Posted by meb at October 5th, 2009

If Turkey continues to pursue sound economic policies, its economy could perform better than current estimates, International Monetary Fund (IMF) Managing Director Dominique Strauss-Kahn said on Sunday.

Strauss-Kahn, who is currently in İstanbul to attend the 2009 Annual Meetings of the World Bank Group and the International Monetary Fund, noted that he expected the Turkish economy to recover rapidly from the ongoing global economic crisis, saying that the Turkish economy has made great progress thanks to reforms previously implemented in the financial sector. As a member of the G-20, which forms the backbone of the global economy, he said, Turkey is not only one of the leading economies of the world, but also a dynamic member of the IMF.

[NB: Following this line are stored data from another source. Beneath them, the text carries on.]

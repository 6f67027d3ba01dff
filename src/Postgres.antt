-- ===== src/Postgres.antt =====
-- internal/store/postgres. A statement is kept by its parts, the columns in the order of its text
-- and the arguments in the order of the call; the database that carries it out is a parameter.
pub mod Helpers
pub mod Sql
pub mod Projects
pub mod Repositories
pub mod Pipelines
pub mod PipelineRuns
pub mod Jobs
pub mod JobSteps
pub mod Artifacts
pub mod Executions
use shipinator.Common.{ℕ, String, Option, none, some, List, [], ◌∷◌}
use shipinator.Errors.{Error, external, Result, ok, err}
use shipinator.Models.{Uuid, Time}

-- What passes between pgx and a column.
pub data Value : Type 0 where
  null : Value
  uuid : Uuid → Value
  text : String → Value
  int : ℕ → Value
  time : Time → Value

-- A pointer as an argument: nil is NULL.
abbrev pub nullable : {A : Type 0} → (A → Value) → Option A → Value
nullable f none = null
nullable f (some a) = f a

-- `column = $n` and `column = COALESCE($n, column)`.
pub data Assignment : Type 0 where
  assign : Value → Assignment
  coalesce : Value → Assignment

-- `WHERE column = $n`
abbrev pub Where : Type 0
Where = String × Value

pub data Statement : Type 0 where
  insert : String → List String → List Value → Statement
  update : String → List (String × Assignment) → Where → Statement
  delete : String → Where → Statement

-- The columns, the table, the rows and the column to order by.
pub record Select : Type 0 where
  pub columns : List String
  pub table : String
  pub rows : Option Where
  pub order : Option String

-- pgx with the database behind it: `Exec` with the rows affected, `QueryRow`, and `Query` read to
-- its end.
pub record Driver : Type 1 where
  pub Db : Type 0
  pub exec : Statement → Db → Db × Result ℕ
  pub query_row : Select → Db → Result (List Value)
  pub query : Select → Db → Result (List (List Value))

infixl 5 ◌>>=◌
abbrev pub ◌>>=◌ {ℓ κ} : {A : Type ℓ} {B : Type κ} → Result A → (A → Result B) → Result B
ok a >>= f = f a
err e >>= f = err e

-- `Scan` into a target of each type; a NULL needs a pointer.
abbrev pub mismatch {ℓ} : {A : Type ℓ} → Result A
mismatch = err (external "can't scan into dest")

abbrev pub scan_uuid : Value → Result Uuid
scan_uuid (uuid id) = ok id
scan_uuid _ = mismatch

abbrev pub scan_text : Value → Result String
scan_text (text s) = ok s
scan_text _ = mismatch

abbrev pub scan_int : Value → Result ℕ
scan_int (int n) = ok n
scan_int _ = mismatch

abbrev pub scan_time : Value → Result Time
scan_time (time t) = ok t
scan_time _ = mismatch

abbrev pub scan_nullable : {A : Type 0} → (Value → Result A) → Value → Result (Option A)
scan_nullable scan null = ok none
scan_nullable scan v = scan v >>= λ a. ok (some a)

-- The `rows.Next()` loop, with the function that scans one row.
unfoldable pub scan_all :
    {A : Type 0} → (List Value → Result A) → List (List Value) → Result (List A)
scan_all scan [] = ok []
scan_all scan (row ∷ rows) = do a ← scan row; more ← scan_all scan rows; ok (a ∷ more)
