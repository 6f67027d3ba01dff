-- ===== src/Postgres/Helpers.antt =====
-- internal/store/postgres/helpers.go. `time.Now()` and `uuid.New()` are arguments.
pub mod Times
use shipinator.Common.{
  ℕ, String, Option, none, some, [], ◌∷◌, ◌==◌, nat_eq, string_eq, ◌||◌, if◌then◌else◌,
}
use shipinator.Errors.{Error, sentinel, wrap, is_sentinel, err_not_found, Result, ok, err}
use shipinator.Models.{Uuid, Time}
use shipinator.Effects.{Platform}

-- `pgx.ErrNoRows`
abbrev pub err_no_rows : Error
err_no_rows = sentinel "no rows in result set"

unfoldable pub ensure_id : Uuid → Uuid → Uuid
ensure_id fresh id = if id == 0 then fresh else id

unfoldable pub set_default_status : String → String → String
set_default_status status fallback = if status == "" then fallback else status

unfoldable pub wrap_no_rows_by_id : Platform → String → Uuid → Error → Error
unfolding is_sentinel
wrap_no_rows_by_id p entity id e =
    if is_sentinel "no rows in result set" e
    then wrap "%s %s: %w" (entity ∷ p.uuid_string id ∷ []) err_not_found
    else e

unfoldable pub wrap_no_rows_by_name : String → String → Error → Error
unfolding is_sentinel
wrap_no_rows_by_name entity name e =
    if is_sentinel "no rows in result set" e
    then wrap "%s %q: %w" (entity ∷ name ∷ []) err_not_found
    else e

unfoldable pub ensure_rows_affected : Platform → ℕ → String → Uuid → Option Error
ensure_rows_affected p affected entity id =
    if affected == 0
    then some (wrap "%s %s: %w" (entity ∷ p.uuid_string id ∷ []) err_not_found)
    else none

unfoldable pub started_finished_for_status : String → Time → Option Time × Option Time
started_finished_for_status status now =
    if status == "running"
    then (some now, none)
    else if status == "success" || (status == "failed" || status == "canceled")
    then (none, some now)
    else (none, none)

unfoldable pub completed_at_for_status : String → Time → Option Time
completed_at_for_status status now =
    if status == "success" || (status == "failed" || status == "canceled") then some now else none

-- `if err != nil { return err }; return ensureRowsAffected(…)`, after an `Exec`.
unfoldable pub affected_or_error : Platform → String → Uuid → Result ℕ → Option Error
unfolding ensure_rows_affected
affected_or_error p entity id (ok n) = ensure_rows_affected p n entity id
affected_or_error p entity id (err e) = some e

-- The error of an `Exec` whose tag is not looked at.
abbrev pub exec_error : Result ℕ → Option Error
exec_error (ok n) = none
exec_error (err e) = some e

-- `if err != nil { return nil, wrap(err) }`
abbrev pub or_wrapped {ℓ} : {A : Type ℓ} → (Error → Error) → Result A → Result A
or_wrapped f (ok a) = ok a
or_wrapped f (err e) = err (f e)
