-- ===== src/Postgres/PipelineRuns.antt =====
-- internal/store/postgres/pipeline_run.go
pub mod Laws
use shipinator.Common.{String, Option, none, some, List, [], ◌∷◌}
use shipinator.Errors.{Error, Result, ok}
use shipinator.Models.{Uuid, Time, PipelineRun}
use shipinator.Stores.{PipelineRunStore}
use shipinator.Effects.{Platform}
use shipinator.Postgres.{
  Value, uuid, text, time, nullable, Assignment, assign, coalesce, insert, update, Driver,
  scan_uuid, scan_text, scan_time, scan_nullable, mismatch, scan_all,
}
use shipinator.Postgres.{◌>>=◌}
use shipinator.Postgres.Helpers.{
  ensure_id, set_default_status, wrap_no_rows_by_id, exec_error, or_wrapped, affected_or_error,
  started_finished_for_status,
}

abbrev pub columns : List String
columns =
    "id" ∷ "pipeline_id" ∷ "git_ref" ∷ "git_sha" ∷ "status" ∷ "created_at" ∷ "started_at"
    ∷ "finished_at" ∷ []

-- The arguments of the INSERT, in the order of its columns.
abbrev pub values : PipelineRun → List Value
values r =
    uuid r.id
    ∷ uuid r.pipeline_id
    ∷ text r.git_ref
    ∷ text r.git_sha
    ∷ text r.status
    ∷ time r.created_at
    ∷ nullable time r.started_at
    ∷ nullable time r.finished_at
    ∷ []

-- The targets of `Scan`, in the order of the columns.
abbrev pub scan : List Value → Result PipelineRun
scan (v0 ∷ v1 ∷ v2 ∷ v3 ∷ v4 ∷ v5 ∷ v6 ∷ v7 ∷ []) = do
  id ← scan_uuid v0
  pipeline_id ← scan_uuid v1
  git_ref ← scan_text v2
  git_sha ← scan_text v3
  status ← scan_text v4
  created_at ← scan_time v5
  started_at ← scan_nullable scan_time v6
  finished_at ← scan_nullable scan_time v7
  ok (record {
    id = id;
    pipeline_id = pipeline_id;
    git_ref = git_ref;
    git_sha = git_sha;
    status = status;
    created_at = created_at;
    started_at = started_at;
    finished_at = finished_at;
  })
scan _ = mismatch

-- The record as `Create` leaves it, given `uuid.New()` and `time.Now()`.
unfoldable pub prepared : Uuid → Time → PipelineRun → PipelineRun
unfolding ensure_id set_default_status
prepared fresh now r = record r {
  id = ensure_id fresh r.id;
  status = set_default_status r.status "pending";
  created_at = now;
}

-- The SET clause of `UpdateStatus`.
unfoldable pub status_sets : Time → String → List (String × Assignment)
unfolding started_finished_for_status
status_sets now status =
    let (started_at, finished_at) = started_finished_for_status status now in
    ("status", assign (text status))
    ∷ ("started_at", coalesce (nullable time started_at))
    ∷ ("finished_at", coalesce (nullable time finished_at))
    ∷ []

module _ (p : Platform) (d : Driver) where
  open d use {Db, exec, query_row, query}

  -- The new state, the record as the caller then has it, and the error.
  unfoldable pub create : Uuid → Time → PipelineRun → Db → Db × PipelineRun × Option Error
  unfolding prepared
  create fresh now r db =
      let r' = prepared fresh now r in
      let (db', result) = exec (insert "pipeline_runs" columns (values r')) db in
      (db', r', exec_error result)

  unfoldable pub get_by_id : Uuid → Db → Result PipelineRun
  unfolding wrap_no_rows_by_id
  get_by_id id db = or_wrapped (wrap_no_rows_by_id p "pipeline run" id) (
      query_row
        (record {
          columns = columns;
          table = "pipeline_runs";
          rows = some ("id", uuid id);
          order = none;
        })
        db
      >>= scan)

  unfoldable pub list_by_pipeline : Uuid → Db → Result (List PipelineRun)
  unfolding scan_all
  list_by_pipeline key db =
      query
        (record {
          columns = columns;
          table = "pipeline_runs";
          rows = some ("pipeline_id", uuid key);
          order = some "created_at";
        })
        db
      >>= scan_all scan

  unfoldable pub list_by_status : String → Db → Result (List PipelineRun)
  unfolding scan_all
  list_by_status key db =
      query
        (record {
          columns = columns;
          table = "pipeline_runs";
          rows = some ("status", text key);
          order = some "created_at";
        })
        db
      >>= scan_all scan

  -- `UpdateStatus`, with `time.Now()` as an argument.
  unfoldable pub update_status : Time → Uuid → String → Db → Db × Option Error
  unfolding affected_or_error status_sets
  update_status now id status db =
      let (db', result) =
        exec (update "pipeline_runs" (status_sets now status) ("id", uuid id)) db in
      (db', affected_or_error p "pipeline run" id result)

  abbrev pub new_pipeline_run_store : PipelineRunStore Db
  new_pipeline_run_store = record {
    create = create;
    get_by_id = get_by_id;
    list_by_pipeline = list_by_pipeline;
    list_by_status = list_by_status;
    update_status = update_status;
  }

According to the fund’s latest World Economic Outlook, released last week, Turkey’s economy is expected to grow 3.7 percent in 2010, after a global recession caused the country’s economy to contract an estimated 6.5 percent this year. The inflation rate in the country is expected to stand at 6.2 percent this year before increasing to 6.8 percent in 2010. The report estimated that Turkey’s current account deficit to gross domestic product (GDP) ratio would increase from 1.9 percent this year to 3.7 percent in 2010. Furthermore, Turkey’s quota in the IMF is expected to increase to more than 1 percent. Analysts note that the Turkish economy will be the fastest growing in Europe in 2010. (more…)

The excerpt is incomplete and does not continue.